# What color stays clean looking longest?



## suzer (Jan 4, 2002)

Narrowing down color options for a new 330i with ZHP. Current 330i (with sport) is black. Beautiful, but too hard to keep clean.


----------



## Bruce128iC (Feb 16, 2003)

I think Silver stays clean for a very long time. That or white.


----------



## mquetel (Jan 30, 2003)

*NOT* mystic blue. 

I'd bet silver


----------



## man02195 (Dec 1, 2003)

StahlGrau or Steel Gray or Silver Gray


----------



## jw (Dec 21, 2001)

steel blue


----------



## The Roadstergal (Sep 7, 2002)

Of your choices, dark grey.

White actually works well to conceal dirt - as long as the dirt is fairly uniform, it doesn't look dirty. Once you touch it, it's all gone.


----------



## Mr. The Edge (Dec 19, 2001)

all colors attract the same amount of dirt onto them--no color repels dirt better than any other, AFAIK.


----------



## Guest (Jan 10, 2004)

As a broad rule, the colors that don't show dirt as much also don't look nearly as good when clean. Blah colors like white and silver hide dirt. Sharp darker blues and greys (and, of course, black) show dirty readily but look great clean.


----------



## The Roadstergal (Sep 7, 2002)

atyclb said:


> all colors attract the same amount of dirt onto them--no color repels dirt better than any other, AFAIK.





suzer said:


> What color stays clean *looking* longest?

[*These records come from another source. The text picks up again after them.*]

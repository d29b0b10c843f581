-- ===== src/Persistence/Pricing/Active.antt =====
-- Which row `PricingRepository.get_active_price` of
-- persistence/repositories/pricing_repository.py returns.
use llmops_gateway.Prelude.{
  ℕ, ◌≤◌, String, ◌≡◌, refl, Bool, true, none, some, List, [], ◌∷◌, All, arith, ltb, ltb→lt, select,
  Bool-cases, inl, inr, ◌⊎◌,
}
use llmops_gateway.Persistence.Pricing.{PricingRow, covers, latest, get_active_price}

abbrev pub NotLater : ℕ → List PricingRow → Type 0
NotLater from = All (λ row. row.effective_from ≤ from)

latest-some :
    (test : PricingRow → Bool) (best : PricingRow) (rows : List PricingRow)
    → test best ≡ true
    → All (λ row. test row ≡ true) rows
    → (r : PricingRow) × (latest (some best) rows ≡ some r)
      × (test r ≡ true)
      × (best.effective_from ≤ r.effective_from)
      × NotLater r.effective_from rows
latest-some test best [] b h = (best, refl, b, omega arith, tt)
latest-some test best (row ∷ rows) b h =
    elim (Bool-cases (ltb best.effective_from row.effective_from)) [
      | inl later ↦
          let (r, e, t, le, all) = latest-some test row rows h.0 h.1 in
          (
            r,
            rw later e,
            t,
            omega (arith, ltb→lt best.effective_from row.effective_from later),
            (le, all),
          )
      | inr earlier ↦
          let (r, e, t, le, all) = latest-some test best rows b h.1 in
          (r, rw earlier e, t, le, (ground arith, all))
    ]

All-select :
    (test : PricingRow → Bool) (rows : List PricingRow)
    → All (λ row. test row ≡ true) (select test rows)
All-select test [] = tt
All-select test (row ∷ rows) = elim (Bool-cases (test row)) [
  | inl keep ↦ rw keep (keep, All-select test rows)
  | inr drop ↦ rw drop (All-select test rows)
]

latest_cases :
    (test : PricingRow → Bool) (rows : List PricingRow)
    → All (λ row. test row ≡ true) rows
    → ((latest none rows ≡ none) × (rows ≡ []))
      ⊎ ((r : PricingRow) × (latest none rows ≡ some r)
          × (test r ≡ true)
          × NotLater r.effective_from rows)
latest_cases test [] h = inl (refl, refl)
latest_cases test (row ∷ rows) h =
    let (r, e, t, le, all) = latest-some test row rows h.0 h.1 in inr (r, e, t, (le, all))

-- The price in force is a row of the provider and model whose window covers the moment, of which
-- none began later; and there is none only if no row covers the moment.
pub get_active_price_latest :
    (provider model : String) (at : ℕ) (rows : List PricingRow)
    → ((get_active_price provider model at rows ≡ none)
        × (select (covers provider model at) rows ≡ []))
      ⊎ ((r : PricingRow) × (get_active_price provider model at rows ≡ some r)
          × (covers provider model at r ≡ true)
          × NotLater r.effective_from (select (covers provider model at) rows))
unfolding get_active_price
get_active_price_latest provider model at rows =
    latest_cases (covers provider model at) (select (covers provider model at) rows)
      (All-select (covers provider model at) rows)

The same amount of dirt looks cleaner or dirtier on differently colored cars.


----------



## jeff330i (Feb 2, 2002)

i have titanium metallic and i've washed it once in the past 9 months. Looks pretty clean to me still, but i'm not obsessive about having a shiny car.


----------



## PhilH (Jun 7, 2002)

My car is steel gray and my wife's Passat is silver. I can tell you that although both are great at hiding dirt, the silver is better. If it doesn't rain much, her car can go a month and look virtually unchanged.


----------



## jw (Dec 21, 2001)

atyclb said:


> all colors attract the same amount of dirt onto them--no color repels dirt better than any other, AFAIK.


Yeah, but this one goes to eleven!


----------



## detour54 (Dec 1, 2003)

A lot of people have said it already...Metallic Silver hands down. IMO, it hides dirt the longest. Not to mention, it's the safest color on the road:

http://www.newscientist.com/news/news.jsp?id=ns99994504


----------



## AB (Jan 11, 2002)

Alpine white


----------



## AB (Jan 11, 2002)

rumratt said:


> Is that really true? I would think something with a little bit of texture and color would hellp. TiSilver, or even steel blue.


I think it's true. My 330i is Alpine White, and it takes A LOT to make it look dirty.


----------



## jw (Dec 21, 2001)

Ryan330i said:


> I think it's true. My 330i is Alpine White, and it takes A LOT to make it look dirty.


I've owned one white car in the past and swore it off. It's show dirt much too easily imo.


----------



## HFPST5 (Dec 24, 2003)

Get a black car.


----------



## rickhuizinga (Aug 5, 2003)

Silver Grey lasts a long time before a wash is needed


----------



## Adam12Hicks (Oct 19, 2002)

*Another vote for Alpine White.*

My M Coupe in Alpine White was always clean (of course it was also too small to gather any dirt!) But it was so easy to spot clean with Quick Detailer, etc that I pretty much ALWAYS kept it spotless.

Now I have Sapphire Black AND Jet Black 3's and they are pains in the royal A$$.

Adam

:bigpimp:


----------



## Alex Baumann (Dec 19, 2001)

white or silver


----------